If a server can get update access to the row, and the lease is expired, it should grab it. Otherwise, it gives up. If it grabs the lease, it needs to update the row with a time in the near future, like five minutes or so, and commit the update. The active server should update the lease before it expires. I recommend updating it when there's half the time remaining, so, every 2-1/2 minutes if the lease expires in five. With this, you now have failover. If the active MDB dies, another MDB (and only one) will take over.
That should be pretty straightforward, I think. Now, you want to have the dormant MDBs check the lock occasionally to see if it's freed up.
So, the active MDB and the dormant MDBs all have to do something periodically. You might have them spawn a separate thread to do this. Many application engine vendors won't be happy if you do this, but adding one thread is no big deal, especially since it spends most of its time sleeping. Another option would be to tie into the timer mechanism that many engines provide, and have it wake up your MDB periodically to check the lease.
Oh, and by the way - make sure the server admins employ NTP to keep the clocks reasonably synced.
First point: this is a pretty crappy design and you'll seriously limit performance only being able to process a single message at a time. I assume you are clustering only for fault tolerance, because you won't get performance improvements?
Are you using the default JMS implementation with OC4J or another one?

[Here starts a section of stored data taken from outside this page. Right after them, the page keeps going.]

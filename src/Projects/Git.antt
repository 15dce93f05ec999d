-- ===== src/Projects/Git.antt =====
-- Linked Git worktrees: src/core/git_worktree.cpp. The Project's Git directory and the staging
-- directory are a state `W` which the source reaches through Git and the file system alone; these are
-- the operations that it uses.
use tribios_vfs.Common.{
  ℕ, Bool, true, false, List, [], ◌∷◌, ◌++◌, Bytes, codes, starts_with, drop, Option, none, some,
  ◌==◌, ◌&&◌, ◌||◌, not, if◌then◌else◌,
}
use tribios_vfs.Store.Sql.{Outcome, ok, error}
use tribios_vfs.Projects.Names.{path_join}

-- `ProcessResult`: whether the process ended with 0, and what it printed.
pub record Run : Type 0 where
  pub succeeded : Bool
  pub output : Bytes

-- `run` is `run_process_and_capture_output`; `flush` is the errno of an fsync, 0 where it succeeds.
-- A flush changes nothing that the program reads.
pub record Repository (W : Type 0) : Type 0 where
  pub run : List Bytes → W → Run × W
  pub remove_dir : Bytes → W → W
  pub make_dirs : Bytes → W → W
  pub first_line : Bytes → W → Bytes
  pub write_file : Bytes → Bytes → W → Bool × W
  pub is_regular_file : Bytes → W → Bool
  pub is_directory : Bytes → W → Bool
  pub canonical : Bytes → W → Option Bytes
  pub parent_path : Bytes → Bytes
  pub filename : Bytes → Bytes
  pub flush : Bytes → W → ℕ

-- `text.find(word)`, with the text from the word on.
unfoldable pub find_text : Bytes → Bytes → Option Bytes
unfolding starts_with
find_text word [] = if starts_with word [] then some [] else none
find_text word (c ∷ text) =
    let rest = find_text word text in if starts_with word (c ∷ text) then some (c ∷ text) else rest

unfoldable pub contains_text : Bytes → Bytes → Bool
unfolding find_text
contains_text word text = elim (find_text word text) [ none ↦ false | some t ↦ true ]

abbrev pub git_dir_name : Bytes
git_dir_name = codes ".git"

-- The branches of the loop over the files of the administrative directory.
unfoldable pub flush_files :
    {W : Type 0} → Repository W → Bytes → List Bytes → W → Outcome (Unit {0})
unfolding path_join
flush_files g admin [] w = ok tt
flush_files g admin (name ∷ names) w =
    let rest = flush_files g admin names w in
    let file = path_join admin name in
    if g.is_regular_file file w && not (g.flush file w == 0)
    then error (codes "cannot flush Git linked-worktree file " ++ file)
    else rest

module _ {W : Type 0} (g : Repository W) (root : Bytes) where
  abbrev pub in_git : Bytes → Bytes
  in_git name = path_join (path_join root git_dir_name) name

  unfoldable pub flush_branch : Bytes → Bytes → W → Outcome Bytes
  unfolding path_join
  flush_branch branch admin w =
      let ref_file = in_git (path_join (codes "refs/heads") branch) in
      if g.is_regular_file ref_file w
        && (not (g.flush ref_file w == 0) || not (g.flush (g.parent_path ref_file) w == 0))
      then error (codes "cannot flush Git branch " ++ branch)
      else ok (codes "gitdir: " ++ admin ++ codes "\n")

  unfoldable pub flush_admin : Bytes → Bytes → W → Outcome (Unit {0}) → Outcome Bytes
  flush_admin branch admin w (error e) = error e
  flush_admin branch admin w (ok u) =
      if not (g.flush admin w == 0) || not (g.flush (g.parent_path admin) w == 0)
      then error (codes "cannot flush Git linked-worktree administrative directory")
      else flush_branch branch admin w

  unfoldable pub after_index : Bytes → Bytes → Outcome (Unit {0}) × W → Outcome Bytes × W
  after_index branch admin (error e, w) = (error e, w)
  after_index branch admin (ok u, w) = (
    flush_admin branch admin w (
        flush_files g admin (codes "HEAD" ∷ codes "commondir" ∷ codes "gitdir" ∷ codes "index" ∷ [])
          w),
    w,
  )

  -- `populate` is `populate_workspace_git_index` with its seed.
  unfoldable pub point_admin :
      (Bytes → W → Outcome (Unit {0}) × W) → Bytes → Bytes → Bytes → Bool × W → Outcome Bytes × W
  point_admin populate branch staging admin (false, w) =
      (error (codes "cannot update the linked-worktree gitdir"), w)
  point_admin populate branch staging admin (true, w) =
      after_index branch admin (populate admin (g.remove_dir staging w))

  -- `git_file.substr(marker + 8)`, for the line `gitdir: <directory>` that Git writes.
  unfoldable pub after_add :
      (Bytes → W → Outcome (Unit {0}) × W)
      → Bytes
      → Bytes
      → Bytes
      → W
      → Option Bytes
      → Outcome Bytes × W
  after_add populate branch workspace_path staging w none =
      (error (codes "unexpected .git file in the linked worktree"), w)
  after_add populate branch workspace_path staging w (some found) =
      let admin = drop 8 found in
      point_admin populate branch staging admin (
        g.write_file (path_join admin (codes "gitdir"))
          (path_join workspace_path git_dir_name ++ codes "\n") w)

  unfoldable pub added :
      (Bytes → W → Outcome (Unit {0}) × W) → Bytes → Bytes → Bytes → Run × W → Outcome Bytes × W
  added populate branch workspace_path staging (r, w) =
      if not r.succeeded
      then (error (codes "git worktree add failed: " ++ r.output), w)
      else after_add populate branch workspace_path staging w
          (find_text (codes "gitdir:") (g.first_line (path_join staging git_dir_name) w))

  unfoldable pub register_linked_worktree :
      (Bytes → W → Outcome (Unit {0}) × W) → Bytes → Bytes → Bytes → W → Outcome Bytes × W
  register_linked_worktree populate branch workspace_path staging w =
      added populate branch workspace_path staging (
        g.run
          (codes "git"
            ∷ codes "-C"
            ∷ root
            ∷ codes "worktree"
            ∷ codes "add"
            ∷ codes "--no-checkout"
            ∷ codes "-b"
            ∷ branch
            ∷ staging
            ∷ [])
          (g.make_dirs (g.parent_path staging) (g.remove_dir staging w)))

  -- A worktree that Git does not know is unregistered already.
  unfoldable pub unregistered : Run × W → Outcome (Unit {0}) × W
  unregistered (r, w) =
      if not r.succeeded
        && not (contains_text (codes "is not a working tree") r.output)
        && not (contains_text (codes "is not a working tree directory") r.output)
      then (error (codes "git worktree remove failed: " ++ r.output), w)
      else if g.is_directory (in_git (codes "worktrees")) w
          && not (g.flush (in_git (codes "worktrees")) w == 0)
      then (error (codes "cannot flush Git linked-worktree registry"), w)
      else if not (g.flush (path_join root git_dir_name) w == 0)
      then (error (codes "cannot flush Git administrative directory"), w)
      else (ok tt, w)

  unfoldable pub unregister_linked_worktree : Bytes → W → Outcome (Unit {0}) × W
  unregister_linked_worktree workspace_path w = unregistered (
      g.run
        (codes "git"
          ∷ codes "-C"
          ∷ root
          ∷ codes "worktree"
          ∷ codes "remove"
          ∷ codes "--force"
          ∷ workspace_path
          ∷ [])
        w)

  unfoldable pub deleted : Run × W → Outcome (Unit {0}) × W
  deleted (r, w) =
      if not r.succeeded && not (contains_text (codes "not found") r.output)
      then (error (codes "git branch rollback failed: " ++ r.output), w)
      else (ok tt, w)

  unfoldable pub delete_branch :
      Bytes → Outcome (Unit {0}) → Outcome (Unit {0}) × W → Outcome (Unit {0}) × W
  delete_branch branch (error e) (error f, w) = (error e, w)
  delete_branch branch removed (staged, w) =
      deleted
        (g.run (codes "git" ∷ codes "-C" ∷ root ∷ codes "branch" ∷ codes "-D" ∷ branch ∷ []) w)

  unfoldable pub rollback_linked_worktree_creation :
      Bytes → Bytes → Bytes → W → Outcome (Unit {0}) × W
  rollback_linked_worktree_creation branch workspace_path staging w =
      let (removed, w') = unregister_linked_worktree workspace_path w in
      delete_branch branch removed (unregister_linked_worktree staging w')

I've used IBM's MQ in the past and that had a feature that a queue could be marked as exclusive, which meant only one client could connect to it. This would appear to offer what you want.
An alternative would be to introduce a sequence ID (as simple as an incrementing counter) and the client processing the message would check that the sequence ID is the next expected value, if not then the message put back. This approach requires the different clients to persist the last valid sequence ID they've seen in some centrally shared data store, such as a database.
I agree with stevendick: May be you're off track with the design. Regarding sequence ID or similar approachs I suggest you get insight on messaging architectures with Enterprise Integration Patterns: Designing, Building, and Deploying Messaging Solutions (by Gregor Hohpe y Bobby Woolf). It's a great book, plenty of useful patterns... I'm sure the forces and the problem you are facing are well described there.